# What is being asked
One range is to be output from the listing below, exactly as written: the line with "(len : ℕ) (row : List A) (slot" to the line with "Perm.trans (Perm.cons entry", both kept.
[[ Task data open ]]
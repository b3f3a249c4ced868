-- ===== src/Api/Server.antt =====
-- `withMiddleware` of pkg/api/server.go: headers, preflight, the concurrency limiter and recovery
-- around a handler. `slots` is the number of values in the channel `sem`; a request in flight carries
-- the functions that its `defer` statements have stacked, and they run when its handler ends, in
-- whatever way. Requests start and end in any order, so the server is a step relation. Timeouts and
-- logging are left out.
pub mod Limiter
use Prim.Native.String.{String}
use text.Mathlib.Text.{◌==◌ as str_eq}
use map_router.Base.{
  ℕ, ◌≡◌, Bool, true, false, not, ◌&&◌, List, [], ◌∷◌, ◌++◌, Option, none, some, ltb, ◌==◌,
  if◌then◌else◌, ◌+◌, ◌-◌,
}

-- The configuration that the middleware reads.
pub record ServerConfig : Type 0 where
  pub max_concurrent : ℕ
  pub cors_origin : String

pub record Request : Type 0 where
  pub id : ℕ
  pub method : String

-- The two deferred functions: `<-sem`, and the recovery.
pub data Deferred : Type 0 where
  release recovery : Deferred

-- A request whose handler runs, with its deferred functions, the last one first.
pub record Flight : Type 0 where
  pub id : ℕ
  pub deferred : List Deferred

pub record Server : Type 0 where
  pub slots : ℕ
  pub running : List Flight

abbrev pub new_server : Server
new_server = record { slots = 0; running = [] }

-- What the middleware does with a request: answer the preflight, run the handler, or refuse.
pub data Admission : Type 0 where
  preflight admitted refused : Admission

-- How a handler ends: with a status, or in a panic before it has written anything.
pub data Ended : Type 0 where
  returned : ℕ → Ended
  panicked : Ended

unfoldable pub admit : ServerConfig → Server → Request → Admission
admit cfg s r =
    if not (str_eq cfg.cors_origin "") && str_eq r.method "OPTIONS"
    then preflight
    else if ltb s.slots cfg.max_concurrent
    then admitted
    else refused

-- The `defer` statements of a request that is admitted.
unfoldable pub deferred_of : List Deferred
deferred_of = recovery ∷ release ∷ []

-- `sem <- struct{}{}`, and the `defer` statements up to the handler's call.
unfoldable pub arrive : ServerConfig → Server → Request → Server
unfolding admit
arrive cfg s r = elim (admit cfg s r) [
  | admitted ↦ record {
    slots = s.slots + 1;
    running = record { id = r.id; deferred = deferred_of } ∷ s.running;
  }
  | _ ↦ s
]

-- The recovery answers 500 after a panic.
abbrev recovered : Ended → Ended
recovered (returned status) = returned status
recovered panicked = returned 500

-- The deferred functions in their order, on the slots and the outcome so far.
unfoldable pub run_deferred : List Deferred → ℕ → Ended → ℕ × Ended
run_deferred [] slots ended = (slots, ended)
run_deferred (release ∷ rest) slots ended = run_deferred rest (slots - 1) ended
run_deferred (recovery ∷ rest) slots ended = run_deferred rest slots (recovered ended)

-- The first request in flight under an id, and those in flight besides it.
abbrev pub beside : Flight → Option (Flight × List Flight) → Option (Flight × List Flight)
beside x none = none
beside x (some (y, ys)) = some (y, x ∷ ys)

unfoldable pub take_flight : ℕ → List Flight → Option (Flight × List Flight)
take_flight id [] = none
take_flight id (x ∷ xs) =
    let rest = take_flight id xs in if x.id == id then some (x, xs) else beside x rest

-- The handler of a request in flight ends: the server after it, and how the middleware ends.
abbrev end_flight : Server → Ended → Option (Flight × List Flight) → Option (Server × Ended)
end_flight s ended none = none
end_flight s ended (some (x, rest)) =
    let (slots, left) = run_deferred x.deferred s.slots ended in
    some (record { slots = slots; running = rest }, left)

unfoldable pub finish : Server → ℕ → Ended → Option (Server × Ended)
unfolding run_deferred take_flight
finish s id ended = end_flight s ended (take_flight id s.running)

-- The status of the response of a request that is not admitted.
unfoldable pub status_of : Admission → Option ℕ
status_of preflight = some 204
status_of refused = some 503
status_of admitted = none

abbrev security_headers : List (String × String)
security_headers =
    ("X-Content-Type-Options", "nosniff")
    ∷ ("X-Frame-Options", "DENY")
    ∷ ("Cache-Control", "no-store")
    ∷ []

cors_headers : ServerConfig → List (String × String)
cors_headers cfg =
    if str_eq cfg.cors_origin ""
    then []
    else ("Access-Control-Allow-Origin", cfg.cors_origin) ∷ ("Vary", "Origin") ∷ []

admission_headers : Admission → List (String × String)
admission_headers preflight =
    ("Access-Control-Allow-Methods", "GET, POST, OPTIONS")
    ∷ ("Access-Control-Allow-Headers", "Content-Type")
    ∷ ("Access-Control-Max-Age", "86400")
    ∷ []
admission_headers admitted = []
admission_headers refused = ("Retry-After", "1") ∷ []

-- The headers that the middleware sets, in the order in which it sets them.
unfoldable pub headers_of : ServerConfig → Server → Request → List (String × String)
unfolding cors_headers admission_headers
headers_of cfg s r = security_headers ++ (cors_headers cfg ++ admission_headers (admit cfg s r))

-- One event of the server: a request comes in, or the handler of one in flight ends.
pub data Step (cfg : ServerConfig) : Server → Server → Type 0 where
  arrives : (s : Server) (r : Request) → Step cfg s (arrive cfg s r)
  finishes :
      (s : Server) (id : ℕ) (ended : Ended) (t : Server) (left : Ended)
      → finish s id ended ≡ some (t, left)
      → Step cfg s t

pub data Reachable (cfg : ServerConfig) : Server → Type 0 where
  start : Reachable cfg new_server
  next : {s t : Server} → Reachable cfg s → Step cfg s t → Reachable cfg t
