-- ===== src/Array.antt =====
-- Indexed access to a Go slice. `at` and `put` are the code's `a[i]` and `a[i] = v`, which panic
-- out of range; `get!` is the total reading that statements and proofs use.
use mathlib.Core.List.Perm
use mathlib.Core.List.{append-nil, perm_middle, Permᴰ}
use mathlib.Core.Logic.{∥∥₁_elim}
use native.Mathlib.Nat.{ℕ_set}
use map_router.Base.{
  ℕ, zero, suc, ◌<◌, ◌≡◌, ◌≢◌, refl, sym, ap, ◌∙◌, List, [], ◌∷◌, ◌++◌, Perm, arith, ltb, ◌==◌,
  if◌then◌else◌, length, set, take, replicate, length-set,
}
use map_router.Run.{Run, ok, panic}

-- A type with Go's zero value.
pub record Zeroed {ℓ} (A : Type ℓ) : Type ℓ where
  pub zero_value : A

instance abbrev pub Zeroed-ℕ : Zeroed ℕ
Zeroed-ℕ = record { zero_value = 0 }

module _ {ℓ} {A : Type ℓ} where
  -- The read `a[i]`.
  unfoldable pub at : List A → ℕ → Run A
  at [] slot = panic
  at (entry ∷ row) zero = ok entry
  at (entry ∷ row) (suc slot) = at row slot

  -- The write `a[i] = v`.
  unfoldable pub put : List A → ℕ → A → Run (List A)
  put row slot item = if ltb slot (length row) then ok (set row slot item) else panic

  Permᴰ-size : {before after : List A} → Permᴰ before after → length after ≡ length before
  Permᴰ-size (Permᴰ.trans q r) = Permᴰ-size r ∙ Permᴰ-size q
  Permᴰ-size (Permᴰ.cons _ q) = omega (arith, Permᴰ-size q)
  Permᴰ-size (Permᴰ.swap _ _) = refl
  Permᴰ-size Permᴰ.nil = refl

  -- A permutation has as many entries.
  pub length-perm : {before after : List A} → Perm before after → length before ≡ length after
  length-perm q = sym (∥∥₁_elim q (ℕ_set _ _) Permᴰ-size)

  pub append-singleton-perm : (row : List A) (entry : A) → Perm (row ++ entry ∷ []) (entry ∷ row)
  append-singleton-perm row entry = rw (append-nil row) at (perm_middle {a = entry} row [])

  pub put-ok :
      (row : List A) (slot : ℕ) (item : A)
      → slot < length row
      → put row slot item ≡ ok (set row slot item)
  unfolding put
  put-ok row slot item bound = ground arith

  pub set-set :
      (row : List A) (slot : ℕ) (item later : A)
      → set (set row slot item) slot later ≡ set row slot later
  set-set [] slot item later = refl
  set-set (entry ∷ row) zero item later = refl
  set-set (entry ∷ row) (suc slot) item later = ap (◌∷◌ entry) (set-set row slot item later)

module _ {ℓ} {A : Type ℓ} ⦃z : Zeroed A⦄ where
  unfoldable pub get! : List A → ℕ → A
  get! [] slot = z.zero_value
  get! (entry ∷ row) zero = entry
  get! (entry ∷ row) (suc slot) = get! row slot

  pub at-ok : (row : List A) (slot : ℕ) → slot < length row → at row slot ≡ ok (get! row slot)
  unfolding get! at
  at-ok [] slot bound = absurd (omega arith)
  at-ok (entry ∷ row) zero bound = refl
  at-ok (entry ∷ row) (suc slot) bound = at-ok row slot (omega arith)

  pub get!-set :
      (row : List A) (slot seen : ℕ) (item : A)
      → slot < length row
      → get! (set row slot item) seen ≡ (if slot == seen then item else get! row seen)
  unfolding get!
  get!-set [] slot seen item bound = absurd (omega arith)
  get!-set (entry ∷ row) zero zero item bound = refl
  get!-set (entry ∷ row) (suc slot) (suc seen) item bound =
      ground (arith, get!-set row slot seen item)
  get!-set (entry ∷ row) slot seen item bound = ground arith

  pub set-get! : (row : List A) (slot : ℕ) → set row slot (get! row slot) ≡ row
  unfolding get!
  set-get! [] slot = refl
  set-get! (entry ∷ row) zero = refl
  set-get! (entry ∷ row) (suc slot) = ap (◌∷◌ entry) (set-get! row slot)

  pub get!-append :
      (row more : List A) (slot : ℕ) → slot < length row → get! (row ++ more) slot ≡ get! row slot
  unfolding get!
  get!-append [] more slot bound = absurd (omega arith)
  get!-append (entry ∷ row) more zero bound = refl
  get!-append (entry ∷ row) more (suc slot) bound = get!-append row more slot (omega arith)

  pub get!-append_right : (row : List A) (entry : A) → get! (row ++ entry ∷ []) (length row) ≡ entry
  unfolding get!
  get!-append_right [] entry = refl
  get!-append_right (entry2 ∷ row) entry = get!-append_right row entry

  pub get!-take :
      (len : ℕ) (row : List A) (slot : ℕ) → slot < len → get! (take len row) slot ≡ get! row slot
  unfolding get!
  get!-take zero row slot bound = absurd (omega arith)
  get!-take (suc len) [] slot bound = refl
  get!-take (suc len) (entry ∷ row) zero bound = refl
  get!-take (suc len) (entry ∷ row) (suc slot) bound = get!-take len row slot (omega arith)

  pub take-append-last :
      (len : ℕ) (row : List A) → length row ≡ suc len → take len row ++ get! row len ∷ [] ≡ row
  unfolding get!
  take-append-last zero (entry ∷ []) bound = refl
  take-append-last (suc len) (entry ∷ row) bound =
      ap (◌∷◌ entry) (take-append-last len row (omega arith))
  take-append-last len row bound = absurd (omega arith)

  -- A write trades the old entry for the new one.
  pub set-perm :
      (row : List A) (slot : ℕ) (item : A)
      → slot < length row
      → Perm (get! row slot ∷ set row slot item) (item ∷ row)
  unfolding get!
  set-perm [] slot item bound = absurd (omega arith)
  set-perm (entry ∷ row) zero item bound = Perm.swap item entry row
  set-perm (entry ∷ row) (suc slot) item bound = Perm.trans (Perm.swap entry _ _) (
      Perm.trans (Perm.cons entry (set-perm row slot item (omega arith)))
        (Perm.swap item entry row))

  -- Moving the entry at `above` into the hole at `slot`, and the item over to `above`, loses nothing.
  pub hole-perm :
      (row : List A) (slot above : ℕ) (item : A)
      → slot < length row
      → above < length row
      → slot ≢ above
      → Perm (set (set row slot (get! row above)) above item) (set row slot item)
  hole-perm row slot above item hi hp apart =
      let kept : get! (set row slot (get! row above)) above ≡ get! row above =
        ground (arith, get!-set row slot above (get! row above)) in
      let filled : get! (set row slot item) slot ≡ item =
        ground (arith, get!-set row slot slot item) in
      let moved =
        rw kept at (set-perm (set row slot (get! row above)) above item (rw length-set hp)) in
      let undone =
        rw (filled, set-set) at
          (set-perm (set row slot item) slot (get! row above) (rw length-set hi)) in
      Perm.cons_inv (Perm.trans moved undone)

  pub get!-replicate :
      (len slot : ℕ) (entry : A) → slot < len → get! (replicate len entry) slot ≡ entry
  unfolding get!
  get!-replicate zero slot entry bound = absurd (omega arith)
  get!-replicate (suc len) zero entry bound = refl
  get!-replicate (suc len) (suc slot) entry bound = get!-replicate len slot entry (omega arith)

  -- Lists of one length that agree at every index are equal.
  pub eq_of_get! :
      (xs ys : List A)
      → length xs ≡ length ys
      → ((slot : ℕ) → slot < length xs → get! xs slot ≡ get! ys slot)
      → xs ≡ ys
  unfolding get!
  eq_of_get! [] [] e bound = refl
  eq_of_get! (entry ∷ xs) (entry2 ∷ ys) e bound = cc (
    bound 0 (omega arith),
    eq_of_get! xs ys (omega arith) (λ slot p. bound (suc slot) (omega arith)),
  )
  eq_of_get! [] (entry2 ∷ ys) e bound = absurd (omega arith)
  eq_of_get! (entry ∷ xs) [] e bound = absurd (omega arith)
[[ Task data closed ]]
# Problem solution
      (len : ℕ) (row : List A) (slot : ℕ) → slot < len → get! (take len row) slot ≡ get! row slot
  unfolding get!
  get!-take zero row slot bound = absurd (omega arith)
  get!-take (suc len) [] slot bound = refl
  get!-take (suc len) (entry ∷ row) zero bound = refl
  get!-take (suc len) (entry ∷ row) (suc slot) bound = get!-take len row slot (omega arith)

  pub take-append-last :
      (len : ℕ) (row : List A) → length row ≡ suc len → take len row ++ get! row len ∷ [] ≡ row
  unfolding get!
  take-append-last zero (entry ∷ []) bound = refl
  take-append-last (suc len) (entry ∷ row) bound =
      ap (◌∷◌ entry) (take-append-last len row (omega arith))
  take-append-last len row bound = absurd (omega arith)

  -- A write trades the old entry for the new one.
  pub set-perm :
      (row : List A) (slot : ℕ) (item : A)
      → slot < length row
      → Perm (get! row slot ∷ set row slot item) (item ∷ row)
  unfolding get!
  set-perm [] slot item bound = absurd (omega arith)
  set-perm (entry ∷ row) zero item bound = Perm.swap item entry row
  set-perm (entry ∷ row) (suc slot) item bound = Perm.trans (Perm.swap entry _ _) (
      Perm.trans (Perm.cons entry (set-perm row slot item (omega arith)))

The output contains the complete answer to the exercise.